Em seu depoimento, no final da tarde de anteontem, Caetano negou o crime e disse ao delegado Italo Cesar Sêga que Isadora teria se suicidado logo após terminarem o namoro, na madrugada do dia 27 de fevereiro. Desde esta data, o vereador estava foragido. Logo depois do crime, Caetano a socorreu e chamou a polícia, desaparecendo em seguida. Ele disse ao delegado que estava na casa de amigos em Itararé (SP).
Segundo Sêga, o vereador se apresentou discretamente, sem chamar a atenção da população.
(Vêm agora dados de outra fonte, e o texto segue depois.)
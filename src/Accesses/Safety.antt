-- ===== src/Accesses/Safety.antt =====
-- What holds of the frames of a channel in whatever order the accesses of its threads come.
use dpdk_udp_receiver.Common.{ℕ, Bool, true, ◌≡◌, subst, false, ok}
use dpdk_udp_receiver.Dpdk.{Dpdk, Lawful}
use dpdk_udp_receiver.Channel.{Config, Channel}
use dpdk_udp_receiver.Timer.{prepare, start, report}
use dpdk_udp_receiver.Setup.{let_start}
use dpdk_udp_receiver.Accesses.{
  Taking, Aligning, Sending, Threads, consumer_access, Step, consumes, aligns, sends, delivers,
  prepares, starts, permits, reports, Run, here, next,
}
use dpdk_udp_receiver.Accesses.Spread.{IsOrdered, IsOrderly}
use dpdk_udp_receiver.Accesses.Consumes.{Expects, access_at-ordered}
use dpdk_udp_receiver.Accesses.Aligns.{align_access-ordered}
use dpdk_udp_receiver.Accesses.Sends.{send_access-ordered}

module _ (cfg : Config) (d : Dpdk) (laws : Lawful d) (strict : Bool) (n : ℕ) where
  -- The consumer is met by what it counts on: a packet is valid, and the pool is not empty when a
  -- frame is got; where it is `strict`, a packet comes only as long as its frame still waits for
  -- packets.
  abbrev pub IsCalm : Threads d → Type 0
  IsCalm x = Expects cfg d strict n x.taking.place x.taking.packet x.chan x.aligning

  consumes-orderly :
      (c c' : Channel d) (t t' : Taking) (a : Aligning) (g : Sending)
      → IsOrdered d strict n c t.place t.packet t.locals a g
      → Expects cfg d strict n t.place t.packet c a
      → consumer_access cfg d (c, t) ≡ ok (c', t')
      → IsOrdered d strict n c' t'.place t'.packet t'.locals a g
  unfolding consumer_access
  consumes-orderly c c' t t' a g h x e =
      access_at-ordered cfg d strict n a g c t.packet t.locals laws t.place (c', t') h x e

  -- The flags of the start, and what the timer thread remembers, make no difference.
  flagged :
      (x : Threads d) (timer send assem : Bool) (count forward : ℕ)
      → IsOrderly d strict n x
      → IsOrderly d strict n (record x {
        chan = record (x.chan) {
          timer_init = timer;
          send_thread_init = send;
          assem_init = assem;
          last_count = count;
          last_forward = forward;
        };
      })
  flagged x timer send assem count forward h = record {
    tidy = h.tidy;
    knows = h.knows;
    patient = h.patient;
    counted = h.counted;
    room_announced = h.room_announced;
    room_passed = h.room_passed;
    bytes = h.bytes;
  }

  Step-IsOrderly :
      {x y : Threads d}
      → (strict ≡ true → cfg.drop ≡ false)
      → IsOrderly d strict n x
      → IsCalm x
      → Step cfg d x y
      → IsOrderly d strict n y
  unfolding prepare start let_start report
  Step-IsOrderly {x} never h calm (consumes c t e) =
      consumes-orderly x.chan c x.taking t x.aligning x.sending h calm e
  Step-IsOrderly {x} never h calm (aligns tsc c a e) =
      subst
        (λ (s : Channel d × Aligning).
          IsOrdered d strict n s.0 x.taking.place x.taking.packet x.taking.locals s.1 x.sending)
        e
        (align_access-ordered d laws strict n x.taking.place x.taking.packet x.taking.locals
          x.sending cfg tsc x.chan x.aligning never h)
  Step-IsOrderly {x} never h calm (sends c g s e) =
      send_access-ordered cfg d laws strict n x.chan x.taking.place x.taking.packet x.taking.locals
        x.aligning x.sending x.sender (c, g, s) h e
  Step-IsOrderly never h calm (delivers r m mem new) = record {
    tidy = h.tidy;
    knows = h.knows;
    patient = h.patient;
    counted = h.counted;
    room_announced = h.room_announced;
    room_passed = h.room_passed;
    bytes = new;
  }
  Step-IsOrderly {x} never h calm prepares =
      flagged x x.chan.timer_init true x.chan.assem_init x.chan.last_count x.chan.last_forward h
  Step-IsOrderly {x} never h calm starts =
      flagged x x.chan.timer_init x.chan.send_thread_init true x.chan.last_count x.chan.last_forward
        h
  Step-IsOrderly {x} never h calm permits =
      flagged x true x.chan.send_thread_init x.chan.assem_init x.chan.last_count x.chan.last_forward
        h
  Step-IsOrderly {x} never h calm (reports count forward) =
      flagged x x.chan.timer_init x.chan.send_thread_init x.chan.assem_init count forward h

  -- In whatever order the threads have their accesses, an orderly channel stays orderly, as long as
  -- each packet that is met is valid and the pool is not empty when a frame is got: no frame is in
  -- two places, the pool, the rings and the hands of the threads together always have `n` frames, so
  -- that none of the `n` is lost, a frame in use stands in the index at its own number and nowhere
  -- else, and the rings have room. Without DROP, and as long as each packet that is met also belongs to no frame that is
  -- complete or has gone on, it stays strictly so: frames that have left the align thread have all
  -- of their packets until they are emptied, and those that are free are empty.
  pub Run-IsOrderly :
      {x y : Threads d}
      → (strict ≡ true → cfg.drop ≡ false)
      → IsOrderly d strict n x
      → Run cfg d IsCalm x y
      → IsOrderly d strict n y
  Run-IsOrderly never h here = h
  Run-IsOrderly never h (next r calm st) = Step-IsOrderly never (Run-IsOrderly never h r) calm st
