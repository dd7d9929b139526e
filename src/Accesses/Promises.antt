-- ===== src/Accesses/Promises.antt =====
-- No order of the accesses lets a thread reach for a null pointer, or change a frame that the send
-- thread is reading, as long as what the consumer counts on is met.
use dpdk_udp_receiver.Common.{
  goes, ℕ, ◌+◌, Bool, true, times, ◌<◌, ◌≤◌, ◌≡◌, ◌≢◌, inl, inr, refl, ap, arith, false,
  Option-cases, some, ok, ==_iff,
}
use dpdk_udp_receiver.Dpdk.{Dpdk, Lawful}
use dpdk_udp_receiver.Dpdk.Laws.{times-get}
use dpdk_udp_receiver.Channel.{Config, Packet, Channel, pack_num}
use dpdk_udp_receiver.Assemble.{Consumer, up, copy_packet, take_frame}
use dpdk_udp_receiver.Assemble.Copy.{copy_packet-valid}
use dpdk_udp_receiver.Send.{Sender}
use dpdk_udp_receiver.Accesses.{
  Point, away, asks, gets, opens, announces, fills, adds, Taking, Aligning, Sending, idles, builds,
  empties, clears, puts, Threads, add_one, new_frame, ask, get_frame, open_new, announce, access_at,
  consumer_access, send_access, Run,
}
use dpdk_udp_receiver.Accesses.Spread.{
  linked, fresh, leaving, building, copying, held, waiting, IsOrdered, IsOrderly,
}
use dpdk_udp_receiver.Accesses.Takes.{away-ends}
use dpdk_udp_receiver.Accesses.Consumes.{Expects}
use dpdk_udp_receiver.Accesses.Slots.{through-some}
use dpdk_udp_receiver.Accesses.Safety.{IsCalm, Run-IsOrderly}

module _ (cfg : Config) (d : Dpdk) (n : ℕ) where
  get_frame-ok :
      (c : Channel d) (t : Taking) (f : ℕ) (m : d.Pool)
      → d.get c.frame_pool ≡ some (f, m)
      → get_frame cfg d (c, t)
        ≡ ok (
          record c { frame_pool = m },
          record t { place = opens; locals = record (t.locals) { tmp_frame = some f } },
        )
  unfolding get_frame take_frame
  get_frame-ok c t f m got = ground arith

  ask-ends : (s : Channel d × Taking) → (u : Channel d × Taking) × (ask cfg d s ≡ ok u)
  unfolding ask
  ask-ends s = goes (ask cfg d s) (λ e. ground arith) (λ e. ground arith)

  -- The next access of the consumer goes well.
  access_at-ends :
      (l : Point) (c : Channel d) (t : Taking) (a : Aligning) (g : Sending)
      → IsOrdered d true n c l t.packet t.locals a g
      → Expects cfg d true n l t.packet c a
      → (s : Channel d × Taking) × (access_at cfg d l (c, t) ≡ ok s)
  unfolding access_at open_new new_frame announce add_one
  access_at-ends away c t a g h x =
      away-ends cfg d c t.packet t.locals.packet_seq t.locals.tmp_frame t.place t.locals.loop
  access_at-ends asks c t a g h x = ask-ends (c, t)
  access_at-ends gets c t a g h x = elim (Option-cases (d.get c.frame_pool)) [
    | inl empty ↦ absurd (x empty)
    | inr ((f, m), got) ↦ (_, get_frame-ok c t f m got)
  ]
  access_at-ends opens c t a g h x =
      let (f, is, free, small, valid) = h.knows in
      let copies =
        copy_packet-valid t.packet (record (c.frames f) { count = up (c.frames f).count }) valid in
      goes (open_new cfg d (c, t)) (λ e. ground (arith, copies, is))
        (λ e. ground (arith, copies, is))
  access_at-ends announces c t a g h x =
      let (f, is, has) = h.knows in
      goes (announce cfg d (c, t)) (λ e. ground (arith, has)) (λ e. ground (arith, has))
  access_at-ends fills c t a g h x =
      let (f, has, waits, short) = h.knows.1 refl in
      let done =
        through-some d c t.packet.frame_seq f (copy_packet t.packet) _ has
          (copy_packet-valid t.packet (c.frames f) h.knows.0) in
      goes (access_at cfg d fills (c, t)) (λ e. ground (arith, done)) (λ e. ground (arith, done))
  access_at-ends adds c t a g h x =
      let (f, has, waits, short) = h.knows.1 refl in
      let done = through-some d c t.packet.frame_seq f add_one _ has refl in
      goes (access_at cfg d adds (c, t)) (λ e. ground (arith, done)) (λ e. ground (arith, done))

  -- So does that of the send thread.
  send_access-ends :
      (strict : Bool) (g : Sending) (c : Channel d) (l : Point) (p : Packet) (k : Consumer)
      (a : Aligning) (s : Sender)
      → IsOrdered d strict n c l p k a g
      → (t : Channel d × Sending × Sender) × (send_access cfg d (c, g, s) ≡ ok t)
  unfolding send_access
  send_access-ends strict idles c l p k a s h =
      goes (send_access cfg d (c, idles, s)) (λ e. ground arith) (λ e. ground arith)
  send_access-ends strict (builds f) c l p k a s h = (_, refl)
  send_access-ends strict (empties f) c l p k a s h = (_, refl)
  send_access-ends strict (clears f) c l p k a s h =
      let small = (h.tidy.found f (ground (arith, h.tidy.once f))).1.small in
      goes (send_access cfg d (c, clears f, s)) (λ e. ground arith) (λ e. ground arith)
  send_access-ends strict (puts f) c l p k a s h = (_, refl)

  module _ (c : Channel d) (p : Packet) (k : Consumer) (a : Aligning) (g : Sending) (f : ℕ) where
    once_held : held f (some f) ≡ 1
    once_held = ground (arith, ==_iff f f)

    -- The frame that the consumer writes to is one that it just got, or one that still waits, and
    -- so not the one that the send thread reads.
    copying_apart :
        (l : Point)
        → IsOrdered d true n c l p k a g
        → building g ≡ some f
        → copying l k.tmp_frame (c.index p.frame_seq) ≢ some f
    copying_apart away h is into = cc
    copying_apart asks h is into = cc
    copying_apart gets h is into = cc
    copying_apart opens h is into =
        omega (arith, h.tidy.once f, ap (held f) is, ap (held f) into, once_held)
    copying_apart announces h is into = cc
    copying_apart fills h is into =
        let (o, same, waits, short) = h.knows.1 refl in
        let there : 0 < waiting d c.ring2_3 a f = ground arith in
        omega (arith, h.tidy.once f, ap (held f) is, there, once_held)
    copying_apart adds h is into =
        let (o, same, waits, short) = h.knows.1 refl in
        let there : 0 < waiting d c.ring2_3 a f = ground arith in
        omega (arith, h.tidy.once f, ap (held f) is, there, once_held)

    -- The frame that the send thread reads is full, and no copy into it is under way.
    building_full :
        (l : Point)
        → IsOrdered d true n c l p k a g
        → building g ≡ some f
        → (pack_num ≤ (c.frames f).count) × (copying l k.tmp_frame (c.index p.frame_seq) ≢ some f)
    building_full l h is =
        (h.tidy.filled refl f (omega (arith, ap (held f) is, once_held)), copying_apart l h is)

module _ (cfg : Config) (d : Dpdk) (laws : Lawful d) (n : ℕ) {x y : Threads d}
    (never : cfg.drop ≡ false) (h : IsOrderly d true n x)
    (r : Run cfg d (IsCalm cfg d laws true n) x y) where
  -- Without DROP, in every state of a run in which the consumer is met by what it counts on, that
  -- state included: the next access of the consumer and that of the send thread neither fault nor
  -- panic.
  pub Run-goes_well :
      IsCalm cfg d laws true n y
      → ((s : Channel d × Taking) × (consumer_access cfg d (y.chan, y.taking) ≡ ok s))
        × ((s : Channel d × Sending × Sender) × (send_access cfg d (y.chan, y.sending, y.sender)
              ≡ ok s))
  unfolding consumer_access
  Run-goes_well calm =
      let now = Run-IsOrderly cfg d laws true n (λ q. never) h r in
      (
        access_at-ends cfg d n y.taking.place y.chan y.taking y.aligning y.sending now calm,
        send_access-ends cfg d n true y.sending y.chan y.taking.place y.taking.packet
            y.taking.locals y.aligning y.sender now,
      )

  -- Without DROP, in every state reached by a run in which the consumer is met by what it counts
  -- on: a frame that the send thread reads or is about to empty has all of its packets, and the
  -- next access of the consumer writes neither a first nor a later packet into it.
  pub Run-full :
      (f : ℕ)
      → building y.sending ≡ some f
      → (pack_num ≤ (y.chan.frames f).count)
        × (copying y.taking.place y.taking.locals.tmp_frame (y.chan.index y.taking.packet.frame_seq)
            ≢ some f)
  Run-full f is =
      building_full cfg d n y.chan y.taking.packet y.taking.locals y.aligning y.sending f
        y.taking.place (Run-IsOrderly cfg d laws true n (λ q. never) h r) is

-- Under DROP too, as long as each packet that is met is valid and the pool is not empty when a frame
-- is got: in every state that is reached, with an empty pool or not, the next access of the send
-- thread neither faults nor panics.
pub Run-sends :
    (cfg : Config) (d : Dpdk) (laws : Lawful d) (strict : Bool) (n : ℕ) {x y : Threads d}
    → (strict ≡ true → cfg.drop ≡ false)
    → IsOrderly d strict n x
    → Run cfg d (IsCalm cfg d laws strict n) x y
    → (s : Channel d × Sending × Sender) × (send_access cfg d (y.chan, y.sending, y.sender) ≡ ok s)
Run-sends cfg d laws strict n {y = y} never h r =
    send_access-ends cfg d n strict y.sending y.chan y.taking.place y.taking.packet y.taking.locals
      y.aligning y.sender (Run-IsOrderly cfg d laws strict n never h r)

-- Under DROP too, as long as each packet that is met is valid and the pool is not empty when a frame
-- is got: in every state that is reached, a frame that the pool gives is in the pool once, and is in
-- no ring, in the hand of no thread and in no slot of the index.
pub Run-owned :
    (cfg : Config) (d : Dpdk) (laws : Lawful d) (n : ℕ) {x y : Threads d} (f : ℕ) (m : d.Pool)
    → IsOrderly d false n x
    → Run cfg d (IsCalm cfg d laws false n) x y
    → d.get y.chan.frame_pool ≡ some (f, m)
    → (times f (d.free y.chan.frame_pool) ≡ 1)
      × (held f (fresh y.taking.place y.taking.locals.tmp_frame) + held f (leaving y.sending) ≡ 0)
      × (linked d y.chan.frame_pool y.chan.ring2_3 y.chan.ring3_4 y.taking.place
            y.taking.locals.tmp_frame y.aligning y.sending f
          ≡ 0)
      × ((s : ℕ) → y.chan.index s ≢ some f)
Run-owned cfg d laws n {y = y} f m h r got =
    let now = Run-IsOrderly cfg d laws false n (λ q. absurd (cc)) h r in
    let freed : 0 < times f (d.free y.chan.frame_pool) =
      ground (arith, times-get d laws f f y.chan.frame_pool m got) in
    (
      omega (arith, now.tidy.once f, freed),
      omega (arith, now.tidy.once f, freed),
      omega (arith, now.tidy.once f, freed),
      λ s at. absurd (omega (arith, now.tidy.once f, freed, now.tidy.listed s f at)),
    )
Caetano tem curso superior e permanece em cela individual na Delegacia de Ibaiti.
A defesa usará o resultado dos exames toxicológicos, enviado semana passada pelo Instituto de Criminalística, em Curitiba, para tentar convencer a juíza Vanessa de Biassio Mazzutti (que decretou a prisão preventiva de Haroldo) a conceder habeas-corpus, em depoimento que deve acontecer na próxima semana no Fórum.
Não foram encontrados traços de drogas no organismo de Isadora. Tampouco foram comprovados que os vestígios encontrados no local do crime eram pontas de cigarro de maconha e cocaína, conforme acreditava a polícia. ‘‘Os laudos disseram que as quantidades eram insuficientes para a análise’’, justificou o delegado. Haroldo e seu advogado negam que ocorresse consumo de drogas na casa alugada pelo vereador para os encontros amorosos com Isadora. Além disso, conforme a perícia, não havia vestígios de chumbo nem nas mãos de Isadora, nem nas de Caetano.
Mello e Silva – que também é assessor jurídico na Prefeitura – sustenta que como réu primário, com residência fixa e 17 anos de magistério sem qualquer incidente, Caetano deve aguardar o julgamento em liberdade.
A Comissão Processante, com poderes de cassação de mandato, instalada há duas semanas para apurar se houve quebra do decoro parlamentar por parte de Haroldo – líder do prefeito Roque Fadel (PTB) ᖠdeve ouvi-lo nos próximos dias. O presidente da comissão, Celso Oliveira Carvalho (PSC), acredita que as provas reunidas pela comissão de averiguação (que precedeu a instalação da atual comissão) são suficientes.